Brief
Return the run of lines below that opens with the line containing "p.id s q), y, n)" and closes with the line containing "-- The states of the editor", keeping each one exact.

────────────────

-- ===== src/App/Profiles.antt =====
-- main.rs: which profile is selected, through any use of the list of profiles.
use mac_os_sstp_client.Prelude.{
  if-both, ℕ, ◌≡◌, ◌⊎◌, inl, inr, refl, ap, List, [], ◌∷◌, ◌++◌, Option, none, some, Bool, true,
  false, not, any, retain, Bool-cases,
}
use mac_os_sstp_client.Prelude.Text.{Str}
use mac_os_sstp_client.Prelude.Text.Equal.{same_str, same_str_refl, same_str_eq}
use mac_os_sstp_client.App.{
  Profile, Config, Editor, has_id, blank, checked, new_config, new, select_profile, add_profile,
  select_first, remove_profile, is_selected, Write, save, saved, healed,
}

-- A profile of the list is selected; none is if there is none.
abbrev pub Selects : List Profile → Option Str → Type 0
Selects ps none = ps ≡ []
Selects ps (some id) = any (has_id id) ps ≡ true

abbrev pub IsSelecting : Editor → Type 0
IsSelecting e = Selects e.config.profiles e.config.selected

any-last :
    (q : Profile → Bool) (ps : List Profile) (p : Profile)
    → q p ≡ true
    → any q (ps ++ (p ∷ [])) ≡ true
any-last q [] p h = rw h
any-last q (x ∷ ps) p h = elim (Bool-cases (q x)) [
  | inl y ↦ rw y
  | inr n ↦ rw n (any-last q ps p h)
]

-- The profiles that do not have the id `id` are kept.
any-retain :
    (s id : Str) (ps : List Profile)
    → same_str s id ≡ false
    → any (has_id s) ps ≡ true
    → any (has_id s) (retain (λ p. not (same_str p.id id)) ps) ≡ true
any-retain s id [] n h = h
any-retain s id (p ∷ ps) n h = elim (Bool-cases (same_str p.id id)) [
  | inl y ↦ elim (Bool-cases (same_str p.id s)) [
    | inl q ↦ cc (ap (λ t. same_str t id) (same_str_eq p.id s q), y, n)
    | inr q ↦ rw y (any-retain s id ps n (rw q at h))
  ]
  | inr m ↦ elim (Bool-cases (same_str p.id s)) [
    | inl q ↦ rw (m, q)
    | inr q ↦ rw (m, q) (any-retain s id ps n (rw q at h))
  ]
]

module _ (keychain_get : List Write → Str → Option Str) (name_of : ℕ → Str) where
  -- The states of the editor that the loaded configuration and any use of the list lead to. A
  -- profile that is clicked on is one of the list.
  pub data Reach (route_ok : Bool) (id : Str) (loaded : Config) : Editor → Type 0 where
    opened : Reach route_ok id loaded (new keychain_get name_of route_ok id loaded)
    selected :
        {e : Editor} (id' : Str)
        → any (has_id id') e.config.profiles ≡ true
        → Reach route_ok id loaded e
        → Reach route_ok id loaded (select_profile keychain_get name_of id' e)
    added :
        {e : Editor} (id' : Str)
        → Reach route_ok id loaded e
        → Reach route_ok id loaded (add_profile keychain_get name_of id' e)
    removed :
        {e : Editor} (id' : Str)
        → Reach route_ok id loaded e
        → Reach route_ok id loaded (remove_profile keychain_get name_of id' e)

  pub checked-Selects :
      (id : Str) (ps : List Profile) (selected : Option Str)
      → (selected ≡ none) ⊎ Selects ps selected
      → Selects
          (checked keychain_get name_of id ps selected).profiles
          (checked keychain_get name_of id ps selected).selected
  unfolding checked blank
  checked-Selects id [] chosen h = rw (same_str_refl id)
  checked-Selects id (p ∷ ps) none h = rw (same_str_refl p.id)
  checked-Selects id (p ∷ ps) (some s) (inl h) = cc
  checked-Selects id (p ∷ ps) (some s) (inr h) = h

  pub add-IsSelecting :
      (id : Str) (e : Editor) → IsSelecting (add_profile keychain_get name_of id e)
  unfolding add_profile select_profile blank
  add-IsSelecting id e = any-last (has_id id) e.config.profiles _ (same_str_refl id)

  select_first-IsSelecting :
      (left : List Profile) (e : Editor)
      → e.config.profiles ≡ left
      → IsSelecting (select_first keychain_get name_of left e)
  unfolding select_first select_profile
  select_first-IsSelecting [] e q = q
  select_first-IsSelecting (p ∷ ps) e q = rw q (rw (same_str_refl p.id))

  kept-Selects :
      (id : Str) (ps : List Profile) (selected : Option Str)
      → Selects ps selected
      → is_selected keychain_get name_of id selected ≡ false
      → Selects (retain (λ p. not (same_str p.id id)) ps) selected
  kept-Selects id ps none h n = rw h
  kept-Selects id ps (some s) h n = any-retain s id ps n h

  pub remove-IsSelecting :
      (id : Str) (e : Editor)
      → IsSelecting e
      → IsSelecting (remove_profile keychain_get name_of id e)
  unfolding remove_profile
  remove-IsSelecting id e h =
      if-both (λ x. IsSelecting (saved keychain_get name_of x))
        (is_selected keychain_get name_of id e.config.selected) _ _
        (λ y. select_first-IsSelecting _ _ refl)
        (λ n. kept-Selects id e.config.profiles e.config.selected h n)

-- What was saved last, if anything was.
abbrev pub last_saved : List Write → Option Config
last_saved [] = none
last_saved (save config ∷ log) = some config
last_saved (_ ∷ log) = last_saved log

abbrev pub IsSaved : Option Config → Config → Type 0
IsSaved none config = Unit {0}
IsSaved (some saved) config = saved ≡ config

healed-unsaved :
    (keychain_get : List Write → Str → Option Str) (name_of : ℕ → Str) (route_ok : Bool)
    → last_saved (healed keychain_get name_of route_ok) ≡ none
healed-unsaved keychain_get name_of true = refl
healed-unsaved keychain_get name_of false = refl

-- If the loaded configuration selects nothing or one of its profiles, then from the start of the
-- app, and through any selecting, adding and removing of profiles, one of the profiles is selected
-- while there is any, and none when there is none; and the configuration that was saved last is
-- the present one.
pub profile_selected :
    (keychain_get : List Write → Str → Option Str) (name_of : ℕ → Str) (route_ok : Bool) (id : Str)
    (loaded : Config) {e : Editor}
    → (loaded.selected ≡ none) ⊎ Selects loaded.profiles loaded.selected
    → Reach keychain_get name_of route_ok id loaded e
    → IsSelecting e × IsSaved (last_saved e.log) e.config
unfolding new new_config select_profile add_profile remove_profile
profile_selected keychain_get name_of route_ok id loaded h opened = (
  checked-Selects keychain_get name_of id loaded.profiles loaded.selected h,
  rw (healed-unsaved keychain_get name_of route_ok) tt,
)
profile_selected keychain_get name_of route_ok id loaded h (selected id' is_there r) =
    (is_there, refl)
profile_selected keychain_get name_of route_ok id loaded h (added {e} id' r) =
    (add-IsSelecting keychain_get name_of id' e, refl)
profile_selected keychain_get name_of route_ok id loaded h (removed {e} id' r) = (
  remove-IsSelecting keychain_get name_of id' e
      (profile_selected keychain_get name_of route_ok id loaded h r).0,
  refl,
)
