-- ===== src/App/Screens/Forms.antt =====
-- main.rs: the profiles that a frame picks and edits. The `unwrap`s of the settings screen find the
-- selected profile.
use mac_os_sstp_client.Prelude.{
  if-both, ℕ, ◌+◌, ◌≡◌, inl, inr, refl, ◌∙◌, List, [], ◌∷◌, All, Option, none, some, Bool, true,
  false, any, find, Bool-cases,
}
use mac_os_sstp_client.Prelude.Text.{Str}
use mac_os_sstp_client.Prelude.Text.Equal.{same_str, same_str_refl}
use mac_os_sstp_client.App.{Profile, Editor, has_id, selected_profile}
use mac_os_sstp_client.App.Profiles.{Selects, IsSelecting}
use mac_os_sstp_client.App.Screens.{
  ViewMode, Screen, Typed, SettingsClicks, Pending, is_some, clicked_id, edit, edit_first,
  edit_selected, save_clicked, edit_form, settings_screen,
}

-- An id that was picked is one of the list.
abbrev pub Picks : List Profile → Option Str → Type 0
Picks ps none = Unit {0}
Picks ps (some id) = any (has_id id) ps ≡ true

any-cons :
    (id : Str) (p : Profile) (ps : List Profile)
    → any (has_id id) ps ≡ true
    → any (has_id id) (p ∷ ps) ≡ true
any-cons id p ps h = elim (Bool-cases (same_str p.id id)) [ inl y ↦ rw y | inr n ↦ rw n h ]

-- Picks are kept by a longer list.
Picks-cons : (p : Profile) (ps : List Profile) (o : Option Str) → Picks ps o → Picks (p ∷ ps) o
Picks-cons p ps none h = tt
Picks-cons p ps (some id) h = any-cons id p ps h

-- The profiles of `ps` are some of `all`.
abbrev pub Within : List Profile → List Profile → Type 0
Within all ps = All (λ p. any (has_id p.id) all ≡ true) ps

Within-cons : (p : Profile) (all ps : List Profile) → Within all ps → Within (p ∷ all) ps
Within-cons p all [] h = tt
Within-cons p all (q ∷ ps) (h, hs) = (any-cons q.id p all h, Within-cons p all ps hs)

pub Within-refl : (ps : List Profile) → Within ps ps
Within-refl [] = tt
Within-refl (p ∷ ps) = (rw (same_str_refl p.id), Within-cons p ps ps (Within-refl ps))

clicked_id-Picks :
    (click : ℕ → Bool) (all : List Profile) (i : ℕ) (ps : List Profile) (pending : Option Str)
    → Within all ps
    → Picks all pending
    → Picks all (clicked_id click i ps pending)
unfolding clicked_id
clicked_id-Picks click all i [] pending w h = h
clicked_id-Picks click all i (p ∷ ps) pending (y, ys) h =
    clicked_id-Picks click all (i + 1) ps _ ys
      (if-both (Picks all) (click i) (some p.id) pending (λ q. y) (λ q. h))

-- Typing changes no id.
abbrev SameIds : List Profile → List Profile → Type 0
SameIds ps qs = (id : Str) → any (has_id id) ps ≡ any (has_id id) qs

SameIds-cons : (p : Profile) (ps qs : List Profile) → SameIds ps qs → SameIds (p ∷ ps) (p ∷ qs)
SameIds-cons p ps qs h id = rw (h id) refl

edit_first_lem :
    (id : Str) (typed : Typed) (ps : List Profile)
    → any (has_id id) ps ≡ true
    → (qs : List Profile) × (edit_first id typed ps ≡ some qs) × SameIds qs ps
unfolding edit_first
edit_first_lem id typed [] h = cc
edit_first_lem id typed (p ∷ ps) h = elim (Bool-cases (same_str p.id id)) [
  | inl y ↦ (edit typed p ∷ ps, rw y refl, λ s. refl)
  | inr n ↦
      let (qs, q, same) = edit_first_lem id typed ps (rw n at h) in
      (p ∷ qs, rw (n, q) refl, SameIds-cons p qs ps same)
]

pub is_some-find :
    (id : Str) (ps : List Profile) → is_some (find (has_id id) ps) ≡ any (has_id id) ps
is_some-find id [] = refl
is_some-find id (p ∷ ps) = elim (Bool-cases (same_str p.id id)) [
  | inl y ↦ rw y refl
  | inr n ↦ rw n (is_some-find id ps)
]

-- What a screen leaves.
abbrev pub Edits : Option Editor → List Profile → Type 0
Edits none ps = ⊥
Edits (some e) ps = IsSelecting e × SameIds e.config.profiles ps

Edits-same : (o : Option Editor) (ps qs : List Profile) → SameIds ps qs → Edits o ps → Edits o qs
Edits-same none ps qs same h = h
Edits-same (some e) ps qs same (v, ids) = (v, λ s. ids s ∙ same s)

save_clicked-Edits :
    (b : Bool) (e : Editor) (id : Str)
    → e.config.selected ≡ some id
    → any (has_id id) e.config.profiles ≡ true
    → Edits (save_clicked b e) e.config.profiles
unfolding save_clicked
save_clicked-Edits false e id q h = rw q (h, λ s. refl)
save_clicked-Edits true e id q h = rw q (h, λ s. refl)

edit_form-Edits :
    (clicks : SettingsClicks) (e : Editor) (id : Str)
    → e.config.selected ≡ some id
    → any (has_id id) e.config.profiles ≡ true
    → Edits (edit_form clicks e) e.config.profiles
unfolding edit_form edit_selected
edit_form-Edits clicks e id q h =
    let (qs, r, same) = edit_first_lem id clicks.typed e.config.profiles h in
    rw (q, edit_form, r)
      (Edits-same _ qs e.config.profiles same
        (save_clicked-Edits clicks.save_settings _ id q (same id ∙ h)))

-- The screen does not panic, and its picks are of the list.
abbrev pub ScreenOk : Option (Screen × Pending) → Type 0
ScreenOk none = ⊥
ScreenOk (some (x, pending)) = IsSelecting x.editor × Picks x.editor.config.profiles pending.select

Picks-same : (o : Option Str) (ps qs : List Profile) → SameIds ps qs → Picks qs o → Picks ps o
Picks-same none ps qs same h = h
Picks-same (some id) ps qs same h = same id ∙ h

edited-ScreenOk :
    (o : Option Editor) (view : ViewMode) (pending : Pending) (ps : List Profile)
    → Edits o ps
    → Picks ps pending.select
    → ScreenOk
        (elim o [ none ↦ none | some e ↦ some (record { editor = e; view = view }, pending) ])
edited-ScreenOk none view pending ps v h = v
edited-ScreenOk (some e) view pending ps (v, same) h =
    (v, Picks-same pending.select e.config.profiles ps same h)

pub settings_screen-ScreenOk :
    (clicks : SettingsClicks) (x : Screen) (selected : Option Str)
    → x.editor.config.selected ≡ selected
    → Selects x.editor.config.profiles selected
    → ScreenOk (settings_screen clicks x)
unfolding settings_screen selected_profile
settings_screen-ScreenOk clicks x none q h =
    let ps = x.editor.config.profiles in
    rw q (h, clicked_id-Picks clicks.label ps 0 ps none (Within-refl ps) tt)
settings_screen-ScreenOk clicks x (some id) q h =
    let ps = x.editor.config.profiles in
    rw (q, settings_screen, selected_profile, is_some-find id ps, h)
      (edited-ScreenOk (edit_form clicks x.editor) _ _ ps (edit_form-Edits clicks x.editor id q h)
        (clicked_id-Picks clicks.label ps 0 ps none (Within-refl ps) tt))
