-- ===== src/App/Screens/Frames.antt =====
-- main.rs: the calls of `ui`, one after the other, when they may panic and which operations they
-- start.
use mac_os_sstp_client.Prelude.{
  ℕ, ◌≤◌, ◌≡◌, ◌≢◌, ◌⊎◌, List, All, Option, none, some, Bool, true, false, length,
}
use mac_os_sstp_client.Prelude.Text.{Str}
use mac_os_sstp_client.App.{Config, Write, new, VpnStatus, disconnected}
use mac_os_sstp_client.App.Profiles.{IsSelecting}
use mac_os_sstp_client.App.Screens.{
  connect_view, Screen, ConnectClicks, SettingsClicks, Operation, start_connect, start_disconnect,
  Pending, is_some, ui,
}

abbrev pub OperationOk : VpnStatus → Bool → Operation → Type 0
OperationOk status busy (start_connect profile password) =
    (busy ≡ false) × (status ≡ disconnected) × (is_some profile ≡ true)
OperationOk status busy start_disconnect = (busy ≡ false) × (status ≢ disconnected)

-- The frame panics only if it may, leaves a selected profile if there is any, and starts at most one
-- operation, the one for the status, when none is busy.
abbrev pub FrameOk : Type 0 → VpnStatus → Bool → Option (Screen × List Operation) → Type 0
FrameOk may status busy none = may
FrameOk may status busy (some (x, operations)) =
    IsSelecting x.editor × (length operations ≤ 1) × All (OperationOk status busy) operations

-- A lock is poisoned, or a profile is to be added before 1970.
abbrev pub MayPanic : Bool → Option Str → Bool → Type 0
MayPanic poisoned id add = (poisoned ≡ true) ⊎ ((id ≡ none) × (add ≡ true))

-- A screen that does not panic hands on whether a profile is to be added.
abbrev HandsOn : Bool → Option (Screen × Pending) → Type 0
HandsOn add none = Unit {0}
HandsOn add (some (x, pending)) = pending.add ≡ add

module _ (keychain_get : List Write → Str → Option Str) (name_of : ℕ → Str) where
  -- The states of the window from its start on, through any calls of `ui` that do not panic; between
  -- them the status and what is busy may change in any way.
  pub data Reach (route_ok : Bool) (id : Str) (loaded : Config) : Screen → Type 0 where
    opened :
        Reach route_ok id loaded
          (record { editor = new keychain_get name_of route_ok id loaded; view = connect_view })
    framed :
        {x x' : Screen} {operations : List Operation} (status : VpnStatus) (busy poisoned : Bool)
        (id' : Option Str) (on_connect : ConnectClicks) (on_settings : SettingsClicks)
        → ui keychain_get name_of status busy poisoned id' on_connect on_settings x
          ≡ some (x', operations)
        → Reach route_ok id loaded x
        → Reach route_ok id loaded x'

────────────────

Task output
    | inl q ↦ cc (ap (λ t. same_str t id) (same_str_eq p.id s q), y, n)
    | inr q ↦ rw y (any-retain s id ps n (rw q at h))
  ]
  | inr m ↦ elim (Bool-cases (same_str p.id s)) [
    | inl q ↦ rw (m, q)
    | inr q ↦ rw (m, q) (any-retain s id ps n (rw q at h))
  ]
]

module _ (keychain_get : List Write → Str → Option Str) (name_of : ℕ → Str) where
  -- The states of the editor that the loaded configuration and any use of the list lead to. A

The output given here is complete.